- _EXERCISE DATA_
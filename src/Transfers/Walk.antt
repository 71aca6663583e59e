-- ===== src/Transfers/Walk.antt =====
-- src/ssh/transfer.rs: walking what was selected into a plan. The walks run on fuel, one unit for each
-- directory: `panic` stands for a walk that its fuel does not see to the end.
use ssh_control.Prelude.{
  ℕ, zero, suc, Bytes, List, [], ◌∷◌, ◌++◌, Bool, true, false, not, ◌==◌, if◌then◌else◌, Option,
  some, none, ok, err, panic,
}
use ssh_control.Errors.{Result, sftp, cancelled}
use ssh_control.Calls.{Call, ◌>>=◌, ◌>>◌, lift, attempt}
use ssh_control.Sftp.Wire.{FileKind, dir, file, symlink, other}
use ssh_control.Sftp.Client.{RemoteEntry}
use ssh_control.Transfers.{
  Direction, upload, download, symlink_skipped, TransferItem, TransferPlan, scanning, LocalMeta,
  meta_symlink, meta_dir, meta_file, DirEntry, Ends, add_u64, count, is_none, slash, last_component,
}

-- The shared state and the plan so far.
pub record Planning (W : Type 0) : Type 0 where
  pub world : W
  pub plan : TransferPlan

abbrev pub plan_world : {W A : Type 0} → Call W A → Call (Planning W) A
plan_world m s = let (w, r) = m s.world in (record s { world = w }, r)

abbrev pub dir_item : Bytes → Bytes → TransferItem
dir_item src dst = record {
  src = src;
  dst = dst;
  is_dir = true;
  size = 0;
  exists = false;
  skip = none;
}

abbrev pub link_item : Bytes → Bytes → TransferItem
link_item src dst = record {
  src = src;
  dst = dst;
  is_dir = false;
  size = 0;
  exists = false;
  skip = some symlink_skipped;
}

abbrev pub file_item : Bytes → Bytes → ℕ → Bool → TransferItem
file_item src dst size exists = record {
  src = src;
  dst = dst;
  is_dir = false;
  size = size;
  exists = exists;
  skip = none;
}

abbrev pub append_item : TransferItem → TransferPlan → TransferPlan
append_item item plan = record plan { items = plan.items ++ (item ∷ []) }

unfoldable pub push_item : {W : Type 0} → TransferItem → Call (Planning W) (Unit {0})
push_item item s = (record s { plan = append_item item s.plan }, ok tt)

abbrev pub add_bytes : ℕ → TransferPlan → TransferPlan
add_bytes size plan = record plan { total_bytes = add_u64 plan.total_bytes size }

unfoldable pub add_size : {W : Type 0} → ℕ → Call (Planning W) (Unit {0})
add_size size s = (record s { plan = add_bytes size s.plan }, ok tt)

unfoldable pub child : Bytes → Bytes → Bytes
child dir_ name = dir_ ++ (slash ∷ name)

unfoldable pub ends_with_slash : Bytes → Bool
ends_with_slash [] = false
ends_with_slash (b ∷ []) = b == slash
ends_with_slash (b ∷ c ∷ bs) = ends_with_slash (c ∷ bs)

abbrev pub join_remote : Bytes → Bytes → Bytes
join_remote dir_ name = if ends_with_slash dir_ then dir_ ++ name else child dir_ name

-- The directories still to be read, the next one first: source and destination.
abbrev pub Queue : Type 0
Queue = List (Bytes × Bytes)

-- An error of a call as the value that stands in for it.
abbrev pub unwrap_or : {A : Type 0} → A → Result A → A
unwrap_or a (ok b) = b
unwrap_or a _ = a

module _ {W Handle File : Type 0} (ends : Ends W Handle File) where
  unfoldable pub join : Direction → Bytes → Bytes → Bytes
  join upload dir_ name = join_remote dir_ name
  join download dir_ name = ends.local_join dir_ name

  -- Whether something is already there.
  unfoldable pub look : Direction → Bytes → Call W Bool
  look upload dst = do
    found ← attempt (ends.try_stat dst)
    lift (ok (not (is_none (unwrap_or none found))))
  look download dst = λ w. (w, ok (ends.local_exists dst w))

  -- The event of one more file: a stop ends the planning.
  unfoldable pub announce : Call (Planning W) (Unit {0})
  announce s =
      let files = count (λ i. not i.is_dir) s.plan.items in
      let (w, stop) = ends.on_event (scanning files s.plan.total_bytes) s.world in
      (record s { world = w }, (if stop then err (sftp cancelled) else ok tt))

  unfoldable pub push_file : Direction → Bytes → Bytes → ℕ → Call (Planning W) (Unit {0})
  push_file direction src dst size = do
    exists ← plan_world (look direction dst)
    add_size size
    push_item (file_item src dst size exists)
    announce

  -- One entry of a local directory, whose metadata could be read: the queue after it.
  unfoldable pub local_entry : Bytes → Bytes → Queue → LocalMeta → Call (Planning W) Queue
  local_entry path dst queue meta_symlink = do push_item (link_item path dst); lift (ok queue)
  local_entry path dst queue meta_dir = lift (ok ((path, dst) ∷ queue))
  local_entry path dst queue (meta_file len) = do push_file upload path dst len; lift (ok queue)

  -- An entry whose metadata cannot be read is passed over.
  unfoldable pub entry_by_meta : Bytes → Bytes → Queue → Result LocalMeta → Call (Planning W) Queue
  entry_by_meta path dst queue (ok m) = local_entry path dst queue m
  entry_by_meta path dst queue (err e) = lift (ok queue)
  entry_by_meta path dst queue panic = lift panic

  -- An entry whose name is not UTF-8 is passed over.
  unfoldable pub entry_by_name : Bytes → Bytes → Queue → Option Bytes → Call (Planning W) Queue
  entry_by_name path dst_dir queue none s = (s, ok queue)
  entry_by_name path dst_dir queue (some name) s =
      let (w, meta) = ends.symlink_metadata path s.world in
      entry_by_meta path (child dst_dir name) queue meta (record s { world = w })

  unfoldable pub local_entries : List DirEntry → Bytes → Queue → Call (Planning W) Queue
  local_entries [] dst_dir queue = lift (ok queue)
  local_entries (e ∷ entries) dst_dir queue = do
    queue ← entry_by_name e.path dst_dir queue e.name
    local_entries entries dst_dir queue

  unfoldable pub walk_local : ℕ → Queue → Call (Planning W) (Unit {0})
  walk_local fuel [] = lift (ok tt)
  walk_local zero ((src, dst) ∷ queue) = lift panic
  walk_local (suc fuel) ((src, dst) ∷ queue) = do
    push_item (dir_item src dst)
    entries ← attempt (plan_world (ends.read_dir src))
    queue ← local_entries (unwrap_or [] entries) dst queue
    walk_local fuel queue

  -- One entry of a remote directory, by its kind: the queue after it.
  unfoldable pub remote_entry : Bytes → Bytes → ℕ → Queue → FileKind → Call (Planning W) Queue
  remote_entry src dst size queue dir = lift (ok ((src, dst) ∷ queue))
  remote_entry src dst size queue symlink = do push_item (link_item src dst); lift (ok queue)
  remote_entry src dst size queue file = do push_file download src dst size; lift (ok queue)
  remote_entry src dst size queue other = do push_file download src dst size; lift (ok queue)

  unfoldable pub remote_entries : List RemoteEntry → Bytes → Bytes → Queue → Call (Planning W) Queue
  remote_entries [] src_dir dst_dir queue = lift (ok queue)
  remote_entries (e ∷ entries) src_dir dst_dir queue = do
    queue ← remote_entry (join_remote src_dir e.name) (child dst_dir e.name) e.size queue e.kind
    remote_entries entries src_dir dst_dir queue

  unfoldable pub walk_remote : ℕ → Queue → Call (Planning W) (Unit {0})
  walk_remote fuel [] = lift (ok tt)
  walk_remote zero ((src, dst) ∷ queue) = lift panic
  walk_remote (suc fuel) ((src, dst) ∷ queue) = do
    push_item (dir_item src dst)
    entries ← attempt (plan_world (ends.list_dir src))
    queue ← remote_entries (unwrap_or [] entries) src dst queue
    walk_remote fuel queue

  unfoldable pub source_size : Direction → Bytes → Call W ℕ
  source_size upload src = do len ← attempt (ends.local_len src); lift (ok (unwrap_or 0 len))
  source_size download src = do
    attrs ← attempt (ends.stat src)
    lift (ok (elim attrs [ ok a ↦ elim a.size [ some n ↦ n | none ↦ 0 ] | _ ↦ 0 ]))

  unfoldable pub walk : Direction → ℕ → Bytes → Bytes → Call (Planning W) (Unit {0})
  walk upload fuel src dst = walk_local fuel ((src, dst) ∷ [])
  walk download fuel src dst = walk_remote fuel ((src, dst) ∷ [])

  -- One of the selected sources.
  unfoldable pub plan_source : ℕ → Direction → Bytes → Bytes → Bool → Call (Planning W) (Unit {0})
  plan_source fuel direction dest_dir src is_dir =
      let dst = join direction dest_dir (last_component src) in
      if is_dir
      then walk direction fuel src dst
      else (do size ← plan_world (source_size direction src); push_file direction src dst size)

  unfoldable pub plan_sources :
      ℕ → Direction → Bytes → List (Bytes × Bool) → Call (Planning W) (Unit {0})
  plan_sources fuel direction dest_dir [] = lift (ok tt)
  plan_sources fuel direction dest_dir ((src, is_dir) ∷ sources) = do
    plan_source fuel direction dest_dir src is_dir
    plan_sources fuel direction dest_dir sources

  unfoldable pub make_plan :
      ℕ → Direction → List (Bytes × Bool) → Bytes → W → Planning W × Result (Unit {0})
  make_plan fuel direction sources dest_dir w =
      plan_sources fuel direction dest_dir sources
        (record { world = w; plan = record { items = []; total_bytes = 0 } })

- _INSTRUCTIONS FOR THE TASK_
Only one stretch of the records above is wanted: the lines between the one holding "walk_local fuel queue" and the one holding "remote_entry src dst size queue other", inclusive, reproduced exactly.

- _RESULT BELOW_
    walk_local fuel queue

  -- One entry of a remote directory, by its kind: the queue after it.
  unfoldable pub remote_entry : Bytes → Bytes → ℕ → Queue → FileKind → Call (Planning W) Queue
  remote_entry src dst size queue dir = lift (ok ((src, dst) ∷ queue))
  remote_entry src dst size queue symlink = do push_item (link_item src dst); lift (ok queue)
  remote_entry src dst size queue file = do push_file download src dst size; lift (ok queue)
  remote_entry src dst size queue other = do push_file download src dst size; lift (ok queue)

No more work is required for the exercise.